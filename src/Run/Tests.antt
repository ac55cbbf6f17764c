-- ===== src/Run/Tests.antt =====
-- Two small executables in an initrd, started as a pair.
use samos.Base.{
  ℕ, zero, suc, ◌<◌, ◌-◌, ◌≡◌, refl, true, List, [], ◌∷◌, ◌++◌, replicate, none, Memory, bytes_at,
  arith,
}
use samos.Vfs.{
  VfsFile, VfsFileHandle, vfs_open, vfs_lookup, lookup_from, same_name, open_at, vfs_read, read_fd,
}
use samos.Elf.{e_phnum, e_phoff, e_phentsize, read_phdr, phdr_address}
use samos.Elf.Image.{IsSized}
use samos.Tasks.{zero_tcb, end_none, task}
use samos.Run.Staged.{OffStage, OffWindow, IsSound, Sound}
use samos.Run.{
  stage, put_stage, read_opened, Machine, gives_up, sam_run_pair, after_second, with_space,
}
use samos.Args.Strings.{total}
use samos.Run.Task.{sam_run_task, IsEntered, sam_run_task-IsEntered}
use samos.Run.Pair.{IsStarted, sam_run_pair-IsStarted}

abbrev word : ℕ → ℕ → List ℕ
word n v = v ∷ replicate (n - 1) 0

-- A little-endian address 0x19 `c` 00 00 with four bytes of zeros behind it.
abbrev address : ℕ → List ℕ
address c = 0 ∷ 0 ∷ c ∷ 0x19 ∷ replicate 4 0

-- An executable with one segment of three bytes at its entry.
abbrev image : ℕ → List ℕ
image c =
    (0x7f ∷ b'E' ∷ b'L' ∷ b'F' ∷ 2 ∷ 1 ∷ 1 ∷ 0 ∷ replicate 8 0)
    ++ word 2 2
    ++ word 2 0x3e
    ++ word 4 1
    ++ address c
    ++ word 8 64
    ++ replicate 8 0
    ++ word 4 0
    ++ word 2 64
    ++ word 2 56
    ++ word 2 1
    ++ replicate 6 0
    ++ word 4 1
    ++ replicate 4 0
    ++ word 8 120
    ++ address c
    ++ replicate 8 0
    ++ word 8 3
    ++ word 8 3
    ++ replicate 8 0
    ++ (0xaa ∷ 0xbb ∷ 0xcc ∷ [])

-- The first is linked for the first window, the second for the second.
abbrev initrd : Memory
initrd = bytes_at 0 (image 0 ++ image 0x50)

abbrev files : List VfsFile
files =
    record { name = 47 ∷ 97 ∷ []; data_at = 0; size = 123 }
    ∷ record { name = 47 ∷ 98 ∷ []; data_at = 123; size = 123 }
    ∷ []

abbrev closed : VfsFileHandle
closed = record { fd = none; pos = 0 }

abbrev booted : Machine
booted = record {
  kernel = record {
    tasks = zero_tcb ∷ zero_tcb ∷ [];
    entry = 0 ∷ 0 ∷ [];
    stktop = 0 ∷ 0 ∷ [];
    ntasks = 0;
    cur = 0;
    end_idx = 0;
    end_reason = end_none;
    exit_code = 0;
    preempt_count = 0;
    tick_count = 0;
    quantum = 0;
    serial = [];
  };
  mem = λ a. 0;
  vmm = record { bump = 0x18400000; words = λ a. 0 };
}

-- A task that has been given an address space is registered; without one the start is given up.
registered :
    let (h, ok) =
      with_space 0x5000 initrd files closed booted 1
        (47 ∷ 98 ∷ [])
        0x19500000
        (booted.vmm, 0x18403000) in
    (ok ≡ true)
    × (h.kernel.entry ≡ 0 ∷ 0x19500000 ∷ [])
    × (h.kernel.stktop ≡ 0 ∷ 0x19900000 ∷ [])
    × ((task h.kernel 1).cr3 ≡ 0x18403000)
unfolding with_space
registered = (refl, refl, refl, refl)

no_pages :
    (after_second 0x5000 initrd files closed
      (with_space 0x5000 initrd files closed booted 1 (47 ∷ 98 ∷ []) 0x19500000 (booted.vmm, 0))).1
    ≡ gives_up
unfolding with_space after_second
no_pages = refl

abbrev two_args : List (List ℕ)
two_args = (b'a' ∷ []) ∷ (b'h' ∷ b'i' ∷ []) ∷ []

-- Both images, over any memory.
image-IsSized :
    (c : ℕ) (m : Memory) (i : ℕ)
    → let s = put_stage m (image c) in
      c < 256 → i < e_phnum s stage → IsSized (read_phdr s (phdr_address s stage i))
unfolding e_phnum read_phdr phdr_address e_phoff e_phentsize
image-IsSized c m zero b h = omega arith
image-IsSized c m (suc i) b h = absurd (omega arith)

image-IsSound : (c : ℕ) → c < 256 → IsSound (image c)
unfolding e_phnum e_phoff e_phentsize
image-IsSound c b = record {
  header = omega arith;
  table = λ m. omega arith;
  sized = λ m i h. image-IsSized c m i b h;
}

first-Sound : Sound (read_opened initrd files (vfs_open files (47 ∷ 97 ∷ []) closed))
unfolding read_opened vfs_open vfs_lookup lookup_from same_name open_at vfs_read read_fd
first-Sound = image-IsSound 0 (omega arith)

second-Sound : Sound (read_opened initrd files (vfs_open files (47 ∷ 98 ∷ []) closed))
unfolding read_opened vfs_open vfs_lookup lookup_from same_name open_at vfs_read read_fd
second-Sound = image-IsSound 0x50 (omega arith)

-- The witnesses.
sam_run_pair-IsStarted_example :
    let (after, start) =
      sam_run_pair 0x5000 initrd files closed booted (47 ∷ 97 ∷ []) (47 ∷ 98 ∷ []) in
    IsStarted after start
    × ((x : ℕ)
        → OffStage x
        → OffWindow 0x19000000 0x19400000 x
        → OffWindow 0x19500000 0x19900000 x
        → after.mem x ≡ 0)
sam_run_pair-IsStarted_example =
    sam_run_pair-IsStarted 0x5000 initrd files closed booted (47 ∷ 97 ∷ []) (47 ∷ 98 ∷ [])
      first-Sound second-Sound refl refl refl

sam_run_task-IsEntered_example :
    let (after, start) = sam_run_task 0x5000 initrd files closed (47 ∷ 97 ∷ []) two_args booted in
    IsEntered two_args after start
    × ((x : ℕ) → OffStage x → OffWindow 0x19000000 0x19400000 x → after.mem x ≡ 0)
unfolding total
sam_run_task-IsEntered_example =
    sam_run_task-IsEntered 0x5000 initrd files closed (47 ∷ 97 ∷ []) two_args (omega arith)
      (omega arith) (omega arith) booted first-Sound refl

######

Would you reproduce the entire listing, keeping every line as it is?

_Response below_.
filename src/Run/Tests.antt
repository ac55cbbf6f17764c
-- ===== src/Run/Tests.antt =====
-- Two small executables in an initrd, started as a pair.
use samos.Base.{
  ℕ, zero, suc, ◌<◌, ◌-◌, ◌≡◌, refl, true, List, [], ◌∷◌, ◌++◌, replicate, none, Memory, bytes_at,
  arith,
}
use samos.Vfs.{
  VfsFile, VfsFileHandle, vfs_open, vfs_lookup, lookup_from, same_name, open_at, vfs_read, read_fd,
}
use samos.Elf.{e_phnum, e_phoff, e_phentsize, read_phdr, phdr_address}
use samos.Elf.Image.{IsSized}
use samos.Tasks.{zero_tcb, end_none, task}
use samos.Run.Staged.{OffStage, OffWindow, IsSound, Sound}
use samos.Run.{
  stage, put_stage, read_opened, Machine, gives_up, sam_run_pair, after_second, with_space,
}
use samos.Args.Strings.{total}
use samos.Run.Task.{sam_run_task, IsEntered, sam_run_task-IsEntered}
use samos.Run.Pair.{IsStarted, sam_run_pair-IsStarted}

abbrev word : ℕ → ℕ → List ℕ
word n v = v ∷ replicate (n - 1) 0

-- A little-endian address 0x19 `c` 00 00 with four bytes of zeros behind it.
abbrev address : ℕ → List ℕ
address c = 0 ∷ 0 ∷ c ∷ 0x19 ∷ replicate 4 0

-- An executable with one segment of three bytes at its entry.
abbrev image : ℕ → List ℕ
image c =
    (0x7f ∷ b'E' ∷ b'L' ∷ b'F' ∷ 2 ∷ 1 ∷ 1 ∷ 0 ∷ replicate 8 0)
    ++ word 2 2
    ++ word 2 0x3e
    ++ word 4 1
    ++ address c
    ++ word 8 64
    ++ replicate 8 0
    ++ word 4 0
    ++ word 2 64
    ++ word 2 56
    ++ word 2 1
    ++ replicate 6 0
    ++ word 4 1
    ++ replicate 4 0
    ++ word 8 120
    ++ address c
    ++ replicate 8 0
    ++ word 8 3
    ++ word 8 3
    ++ replicate 8 0
    ++ (0xaa ∷ 0xbb ∷ 0xcc ∷ [])

-- The first is linked for the first window, the second for the second.
abbrev initrd : Memory
initrd = bytes_at 0 (image 0 ++ image 0x50)

abbrev files : List VfsFile
files =
    record { name = 47 ∷ 97 ∷ []; data_at = 0; size = 123 }
    ∷ record { name = 47 ∷ 98 ∷ []; data_at = 123; size = 123 }
    ∷ []

abbrev closed : VfsFileHandle
closed = record { fd = none; pos = 0 }

abbrev booted : Machine
booted = record {
  kernel = record {
    tasks = zero_tcb ∷ zero_tcb ∷ [];
    entry = 0 ∷ 0 ∷ [];
    stktop = 0 ∷ 0 ∷ [];
    ntasks = 0;
    cur = 0;
    end_idx = 0;
    end_reason = end_none;
    exit_code = 0;
    preempt_count = 0;
    tick_count = 0;
    quantum = 0;
    serial = [];
  };
  mem = λ a. 0;
  vmm = record { bump = 0x18400000; words = λ a. 0 };
}

-- A task that has been given an address space is registered; without one the start is given up.
registered :
    let (h, ok) =
      with_space 0x5000 initrd files closed booted 1
        (47 ∷ 98 ∷ [])
        0x19500000
        (booted.vmm, 0x18403000) in
    (ok ≡ true)
    × (h.kernel.entry ≡ 0 ∷ 0x19500000 ∷ [])
    × (h.kernel.stktop ≡ 0 ∷ 0x19900000 ∷ [])
    × ((task h.kernel 1).cr3 ≡ 0x18403000)
unfolding with_space
registered = (refl, refl, refl, refl)

no_pages :
    (after_second 0x5000 initrd files closed
      (with_space 0x5000 initrd files closed booted 1 (47 ∷ 98 ∷ []) 0x19500000 (booted.vmm, 0))).1
    ≡ gives_up
unfolding with_space after_second
no_pages = refl

abbrev two_args : List (List ℕ)
two_args = (b'a' ∷ []) ∷ (b'h' ∷ b'i' ∷ []) ∷ []

-- Both images, over any memory.
image-IsSized :
    (c : ℕ) (m : Memory) (i : ℕ)
    → let s = put_stage m (image c) in
      c < 256 → i < e_phnum s stage → IsSized (read_phdr s (phdr_address s stage i))
unfolding e_phnum read_phdr phdr_address e_phoff e_phentsize
image-IsSized c m zero b h = omega arith
image-IsSized c m (suc i) b h = absurd (omega arith)

image-IsSound : (c : ℕ) → c < 256 → IsSound (image c)
unfolding e_phnum e_phoff e_phentsize
image-IsSound c b = record {
  header = omega arith;
  table = λ m. omega arith;
  sized = λ m i h. image-IsSized c m i b h;
}

first-Sound : Sound (read_opened initrd files (vfs_open files (47 ∷ 97 ∷ []) closed))
unfolding read_opened vfs_open vfs_lookup lookup_from same_name open_at vfs_read read_fd
first-Sound = image-IsSound 0 (omega arith)

second-Sound : Sound (read_opened initrd files (vfs_open files (47 ∷ 98 ∷ []) closed))
unfolding read_opened vfs_open vfs_lookup lookup_from same_name open_at vfs_read read_fd
second-Sound = image-IsSound 0x50 (omega arith)

-- The witnesses.
sam_run_pair-IsStarted_example :
    let (after, start) =
      sam_run_pair 0x5000 initrd files closed booted (47 ∷ 97 ∷ []) (47 ∷ 98 ∷ []) in
    IsStarted after start
    × ((x : ℕ)
        → OffStage x
        → OffWindow 0x19000000 0x19400000 x
        → OffWindow 0x19500000 0x19900000 x
        → after.mem x ≡ 0)
sam_run_pair-IsStarted_example =
    sam_run_pair-IsStarted 0x5000 initrd files closed booted (47 ∷ 97 ∷ []) (47 ∷ 98 ∷ [])
      first-Sound second-Sound refl refl refl

sam_run_task-IsEntered_example :
    let (after, start) = sam_run_task 0x5000 initrd files closed (47 ∷ 97 ∷ []) two_args booted in
    IsEntered two_args after start
    × ((x : ℕ) → OffStage x → OffWindow 0x19000000 0x19400000 x → after.mem x ≡ 0)
unfolding total
sam_run_task-IsEntered_example =
    sam_run_task-IsEntered 0x5000 initrd files closed (47 ∷ 97 ∷ []) two_args (omega arith)
      (omega arith) (omega arith) booted first-Sound refl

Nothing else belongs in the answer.